The Nara Peerage (奈良華族)
The Nara Peerage refers to a family line and its people, who returned to the court noble society and entitled to be the peerage after the Meiji Restoration due to the special circumstances described below.
After the restoration of the Imperial rule, the Meiji government emphasized on Shinto as a Japanese indigenous religious belief and employed opinions from scholars of Japanese classical literature to create a principal of the separation of Buddhism and Shintoism. It is well-known that priests at the Kofuku-ji Temple quickly perceived such a movement and thoroughly conducted Haibutsu-kishaku (anti-Buddhist movement), and as a part of coping procedures, priests, who were from court nobles serving as monzeki (successor of a temple) or Inge (supporter for monzeki, rank lower than monzeki) for Kofuku-ji Temple, returned to secular life simultaneously.
They were treated as kuge (court nobles) under the new government and were incorporated into the peerage as the Tosho Family class (the hereditary lineage of Court nobles occupying relatively high ranks) or a lifetime peerage in 1868, and with the implementation of the peerage system in 1884, they were granted a barony as 'those who established their family after the Meiji Restoration.'
This is the so-called Nara peerage.
There was a difference in treatment between the Fujiwara clan and the others in the Nara peerage.
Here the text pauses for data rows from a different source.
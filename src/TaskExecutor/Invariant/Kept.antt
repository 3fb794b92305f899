-- ===== src/TaskExecutor/Invariant/Kept.antt =====
-- The invariant at the start and over every event.
use lunar_terrain_builder.Base.{
  ℕ, zero, suc, ◌<◌, ◌≡◌, ◌≢◌, ◌⊎◌, inl, inr, ◌∙◌, refl, sym, ap, subst, arith, true, Option, none,
  some, List, [], ◌∷◌, length, get_or, replicate, length-replicate, ltb, ltb→lt, Bool-cases,
  some-injective,
}
use lunar_terrain_builder.Error.{Error}
use lunar_terrain_builder.TaskExecutor.{
  Outcome, Worker, Shared, Run, Event, turn, cancel, advance, place, happen, run_events, start,
}
use lunar_terrain_builder.TaskExecutor.Invariant.{index_of, Settled, Claim, Inv}
use lunar_terrain_builder.TaskExecutor.Invariant.Frame.{
  Frame, advance-Frame, held-empty, keep-Claim,
}
use lunar_terrain_builder.TaskExecutor.Invariant.Turn.{
  advance-Claim, advance-index, advance-Settled, advance-takes, advance-IsSound,
}
use native.Mathlib.Decide.{ℕ_discrete}

place_self : (workers : ℕ → Worker) (j : ℕ) (w : Worker) → place workers j w j ≡ w
unfolding place
place_self workers j w = ground arith

place_other :
    (workers : ℕ → Worker) (j k : ℕ) (w : Worker) → j ≢ k → place workers j w k ≡ workers k
unfolding place
place_other workers j k w ne = ground arith

owned : (o : Option ℕ) (i : ℕ) → (o ≡ some i) ⊎ (o ≢ some i)
owned none i = inr (λ q. cc)
owned (some k) i = elim (ℕ_discrete k i) [
  | yes same ↦ inl (ap some same)
  | no other ↦ inr (λ q. other (some-injective k i q))
]

module _ (tasks : List Outcome) (count : ℕ) (r : Run) (v : Inv tasks count r) (j : ℕ)
    (exists' : j < count) where
  abbrev w : Worker
  w = r.workers j

  abbrev w' : Worker
  w' = (advance tasks w r.shared).0

  abbrev s' : Shared
  s' = (advance tasks w r.shared).1

  abbrev after : Run
  after = record { workers = place r.workers j w'; shared = s' }

  frame : Frame w r.shared s'
  frame = advance-Frame tasks r.shared v.sound w (v.claims j)

  apart : (k : ℕ) → j ≢ k → (i : ℕ) → index_of (r.workers k) ≡ some i → index_of w ≢ some i
  apart k ne i held own = ne (v.exclusive j k i own held)

  Claim-after : (k : ℕ) → Claim tasks s' (place r.workers j w' k)
  Claim-after k = elim (ℕ_discrete j k) [
    | yes same ↦
        subst (λ n. Claim tasks s' (place r.workers j w' n)) same
          (subst (Claim tasks s') (sym (place_self r.workers j w'))
            (advance-Claim tasks r.shared v.sound w (v.claims j)))
    | no other ↦ subst (Claim tasks s') (sym (place_other r.workers j k w' other)) (
        keep-Claim tasks r.shared v.sound w (r.workers k) (v.claims j) (apart k other) (v.claims k))
  ]

  -- What a worker holds after the turn of `j` it held before, or `j` has just taken it.
  holder_before :
      (k i : ℕ)
      → index_of (place r.workers j w' k) ≡ some i
      → (index_of (r.workers k) ≡ some i) ⊎ (j ≡ k) × (i ≡ r.shared.next_task)
  holder_before k i e = elim (ℕ_discrete j k) [
    | no other ↦ inl (ap index_of (sym (place_other r.workers j k w' other)) ∙ e)
    | yes same ↦
        let own : index_of w' ≡ some i =
          ap index_of (sym (place_self r.workers j w'))
          ∙ ap (λ n. index_of (place r.workers j w' n)) same
          ∙ e in
        elim (advance-index tasks r.shared v.sound w i own) [
          | inl held ↦ inl (ap (λ n. index_of (r.workers n)) (sym same) ∙ held)
          | inr (idle, next) ↦ inr (same, next)
        ]
  ]

  exclusive_after :
      (k l i : ℕ)
      → index_of (place r.workers j w' k) ≡ some i
      → index_of (place r.workers j w' l) ≡ some i
      → k ≡ l
  exclusive_after k l i e f = elim (holder_before k i e) [
    | inl held ↦ elim (holder_before l i f) [
      | inl held' ↦ v.exclusive k l i held held'
      | inr (same, next) ↦
          absurd
            (omega (arith, (held-empty tasks r.shared v.sound (r.workers k) i (v.claims k) held).1))
    ]
    | inr (same, next) ↦ elim (holder_before l i f) [
      | inl held' ↦
          absurd (
            omega (arith, (held-empty tasks r.shared v.sound (r.workers l) i (v.claims l) held').1))
      | inr (same', next') ↦ sym same ∙ same'
    ]
  ]

  Settled-after : (i : ℕ) → index_of w ≢ some i → Settled tasks r.shared i → Settled tasks s' i
  Settled-after i ne (inl (called, recorded)) =
      inl ((frame.elsewhere i ne).0 ∙ called, (frame.elsewhere i ne).1 ∙ recorded)
  Settled-after i ne (inr (asked, recorded)) =
      inr (frame.cancel_grows asked, (frame.elsewhere i ne).1 ∙ recorded)

  holds_after : (i : ℕ) → index_of w' ≡ some i → index_of (place r.workers j w' j) ≡ some i
  holds_after i e = ap index_of (place_self r.workers j w') ∙ e

  accounted_after :
      (i : ℕ)
      → i < s'.next_task
      → i < length tasks
      → Settled tasks s' i ⊎ ((k : ℕ) × (k < count) × (index_of (place r.workers j w' k) ≡ some i))
  accounted_after i h t = elim (advance-takes tasks r.shared v.sound w i h t) [
    | inr taken ↦ inr (j, exists', holds_after i taken)
    | inl before ↦ elim (owned (index_of w) i) [
      | inl own ↦ elim (advance-Settled tasks r.shared v.sound w i (v.claims j) own) [
        | inl settled ↦ inl settled
        | inr held ↦ inr (j, exists', holds_after i held)
      ]
      | inr ne ↦ elim (v.accounted i before t) [
        | inl settled ↦ inl (Settled-after i ne settled)
        | inr (k, below, held) ↦
            let other : j ≢ k = λ same. ne (ap (λ n. index_of (r.workers n)) same ∙ held) in
            inr (k, below, ap index_of (place_other r.workers j k w' other) ∙ held)
      ]
    ]
  ]

  turn-Inv : Inv tasks count after
  turn-Inv = record {
    sound = advance-IsSound tasks r.shared v.sound w (v.claims j);
    claims = Claim-after;
    exclusive = exclusive_after;
    accounted = accounted_after;
  }

-- The caller's stop request keeps what the workers rely on.
cancel-Claim :
    (tasks : List Outcome) (s : Shared) (w : Worker)
    → Claim tasks s w
    → Claim tasks (record s { cancelled = true }) w
cancel-Claim tasks s Worker.looping c = tt
cancel-Claim tasks s Worker.fetching c = tt
cancel-Claim tasks s (Worker.polling i) c = record {
  before = c.before;
  task = c.task;
  uncalled = c.uncalled;
  empty = c.empty;
}
cancel-Claim tasks s (Worker.calling i) c = record {
  before = c.before;
  task = c.task;
  uncalled = c.uncalled;
  empty = c.empty;
}
cancel-Claim tasks s (Worker.recording i e) c = record {
  before = c.before;
  task = c.task;
  empty = c.empty;
  cause = elim c.cause [ inl failed ↦ inl failed | inr (asked, same) ↦ inr (refl, same) ];
}
cancel-Claim tasks s Worker.stopping c = c
cancel-Claim tasks s Worker.left c = c

cancel-Inv :
    (tasks : List Outcome) (count : ℕ) (r : Run)
    → Inv tasks count r
    → Inv tasks count (record r { shared = record r.shared { cancelled = true } })
cancel-Inv tasks count r v = record {
  sound = record {
    counted = v.sound.counted;
    fresh = v.sound.fresh;
    sized = v.sound.sized;
    stopped = v.sound.stopped;
  };
  claims = λ j. cancel-Claim tasks r.shared (r.workers j) (v.claims j);
  exclusive = v.exclusive;
  accounted = λ i h t. elim (v.accounted i h t) [
    | inl (inl called) ↦ inl (inl called)
    | inl (inr (asked, recorded)) ↦ inl (inr (refl, recorded))
    | inr held ↦ inr held
  ];
}

pub happen-Inv :
    (tasks : List Outcome) (count : ℕ) (e : Event) (r : Run)
    → Inv tasks count r
    → Inv tasks count (happen tasks count e r)
unfolding happen
happen-Inv tasks count (turn j) r v = elim (Bool-cases (ltb j count)) [
  | inl exists' ↦ rw exists' (turn-Inv tasks count r v j (ltb→lt j count exists'))
  | inr absent ↦ rw absent v
]
happen-Inv tasks count cancel r v = cancel-Inv tasks count r v

get_or-replicate : (n i : ℕ) → ◌≡◌ {A = Option Error} (get_or (replicate n none) i none) none
get_or-replicate zero i = refl
get_or-replicate (suc n) zero = refl
get_or-replicate (suc n) (suc i) = get_or-replicate n i

pub start-Inv : (tasks : List Outcome) (count : ℕ) → Inv tasks count (start tasks)
unfolding start
start-Inv tasks count = record {
  sound = record {
    counted = λ i. omega arith;
    fresh = λ i h. (refl, get_or-replicate (length tasks) i);
    sized = length-replicate (length tasks) none;
    stopped = λ h. cc;
  };
  claims = λ j. tt;
  exclusive = λ j k i e f. cc;
  accounted = λ i h t. absurd (omega arith);
}

-- Whatever happens, in whatever order.
pub run_events-Inv :
    (tasks : List Outcome) (count : ℕ) (events : List Event) (r : Run)
    → Inv tasks count r
    → Inv tasks count (run_events tasks count events r)
unfolding run_events
run_events-Inv tasks count [] r v = v
run_events-Inv tasks count (e ∷ events) r v =
    run_events-Inv tasks count events (happen tasks count e r) (happen-Inv tasks count e r v)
After exclaustration, Fujiwara clan members became Shinto priests for the Kasuga-Taisha Shrine, becoming ujigami (guardian gods) and were syncretized with the Kofuku-ji Temple; they then attained the status of the Tosho Family as an independent family branch. At this time individuals outside of the Fujiwara clan, who had originally gained lifetime peerage because they returned to their parental home in Kyoto after exclaustration, were endowed with a perpetual peerage afterwards.